Inferred values train cached values in a dual process architecture.

(a) Diagram of neural circuits for value-learning showing: (i) The standard model of TD learning in cortico-striatal circuits. (ii) The proposed dual-process model. Note the connection from a model-based evaluation system in frontal cortex to dopamine neurons that bypasses striatum. (b) Difference between cached values and the true value function (i.e., value error) during learning in the dual-process model, a standard TD agent, and an alternative dual-process model where VNET contributes to both the RPE update target and prediction. (c) RPEs during approach to a reward at different stages of learning (early, mid, late) in: (i) a standard TD agent, and; (ii) the dual-process model. (d) Value functions in different components of the dual-process model during approach to a reward early in learning.
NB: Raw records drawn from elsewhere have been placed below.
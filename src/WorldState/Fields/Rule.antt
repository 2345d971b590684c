-- ===== src/WorldState/Fields/Rule.antt =====
-- services/world_state.py: a property of the row is kept by a step of an update if it is kept when
-- the sent value is set.
use Prim.Native.String.{String}
use elowyn_assist.Common.{◌≡◌, refl, Bool, Option, none, some, inl, inr, Bool-cases}
use elowyn_assist.Common.Json.{Json}
use elowyn_assist.Domain.Commands.Fields.{Sent, unset, sent}
use elowyn_assist.WorldState.Fields.{Draft, same_option, assign, assign_value}

module _ {ℓ κ ν} {R : Type ℓ} {A : Type κ} (Q : R → Type ν) where
  pub assign_rule :
      (name : String) (same : A → A → Bool) (dump : Option A → Json) (get : R → Option A)
      (set : Option A → R → R) (value : Sent A) (d : Draft R)
      → ((x : Option A) (r : R) → value ≡ sent x → Q r → Q (set x r))
      → Q d.0
      → Q (assign name same dump get set value d).0
  unfolding assign
  assign_rule name same dump get set unset d h q = q
  assign_rule name same dump get set (sent new) (row, changes) h q =
      elim (Bool-cases (same_option same (get row) new)) [
        | inl e ↦ rw e q
        | inr e ↦ rw e (h new row refl q)
      ]

  pub assign_value_rule :
      (name : String) (same : A → A → Bool) (dump : A → Json) (get : R → A) (set : A → R → R)
      (value : Sent A) (d : Draft R)
      → ((x : A) (r : R) → value ≡ sent (some x) → Q r → Q (set x r))
      → Q d.0
      → Q (assign_value name same dump get set value d).0
  unfolding assign_value
  assign_value_rule name same dump get set unset d h q = q
  assign_value_rule name same dump get set (sent none) d h q = q
  assign_value_rule name same dump get set (sent (some new)) (row, changes) h q =
      elim (Bool-cases (same (get row) new)) [ inl e ↦ rw e q | inr e ↦ rw e (h new row refl q) ]

  -- The steps on drafts whose rows have the property.
  abbrev pub good :
      (name : String) (same : A → A → Bool) (dump : Option A → Json) (get : R → Option A)
      (set : Option A → R → R) (value : Sent A)
      → ((x : Option A) (r : R) → value ≡ sent x → Q r → Q (set x r))
      → (d : Draft R) × Q d.0
      → (d : Draft R) × Q d.0
  good name same dump get set value h d =
      (assign name same dump get set value d.0, assign_rule name same dump get set value d.0 h d.1)

  abbrev pub good_value :
      (name : String) (same : A → A → Bool) (dump : A → Json) (get : R → A) (set : A → R → R)
      (value : Sent A)
      → ((x : A) (r : R) → value ≡ sent (some x) → Q r → Q (set x r))
      → (d : Draft R) × Q d.0
      → (d : Draft R) × Q d.0
  good_value name same dump get set value h d = (
    assign_value name same dump get set value d.0,
    assign_value_rule name same dump get set value d.0 h d.1,
  )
The RPE (δ) is approximately the difference between VTD and VNET.

Dopamine ramp dynamics at different timescales.

(a) Diagram of behavioural task in Guru et al. (2020). (b) Experimental data from Guru et al. (2020) showing dopamine ramps at different training stages during runs to big (red) and small (black) reward locations. (c) Evolution of value estimates during training in the dual-process model; (i) value estimates during early training; (ii) value estimates during late training (d) Evolution of dual process model RPEs during training on a task that replicates Guru et al. (2020). (e) Experimental data from Guru et al. (2020) showing rapid development of dopamine ramps after initial encounters with rewarding goals in a novel environment. (f) Evolution of RPEs in the dual-process model during initial encounters with rewarding goals.

Reward globally updates dopamine ramps.

(a) Experimental design from Krausz et al. (2023) in which animals can reach rewarding goal locations via multiple routes. (b) Experimental data from Krausz et al. (2023) showing that outcomes at goal locations globally update dopamine ramps regardless of subsequent route. (c) Diagram showing global updating of inferred values VMB by rewards in the dual process model. (d) Effect of reward on trial t on RPEs on trial t+1 in the dual process model when goal is reached via different routes on t and t+1.

Dopamine responses to unexpected state transitions.

Experimental conditions (left), dopamine recordings (middle), and RPEs in simulations of the dual-process model (right) for key experimental conditions from Kim et al. (2020) in which unexpected state transitions occured during reward approach in a VR environment. (a) Teleport end-state manipulation, where teleports of constant distance were aligned with different end-states. (b) Teleport distance manipulation, where teleports varied in distance but ended at a common state. (c) Traversal speed manipulation.

Dopamine ramp dynamics under state-uncertainty manipulations.

(a) Experimental paradigm from Mikhael et al. (2022) where animals approached a rewarded location in a VR environment that differed in movement speed (fast-vs-slow) and luminance (bright-vs-darkening) across trials. (b) Dopamine signals from Mikhael et al. (2022), where progressively increasing state uncertainty causes dopamine bumps rather than dopamine ramps. (c) Effect of progressively increasing state uncertainty on RPEs in the dual process model.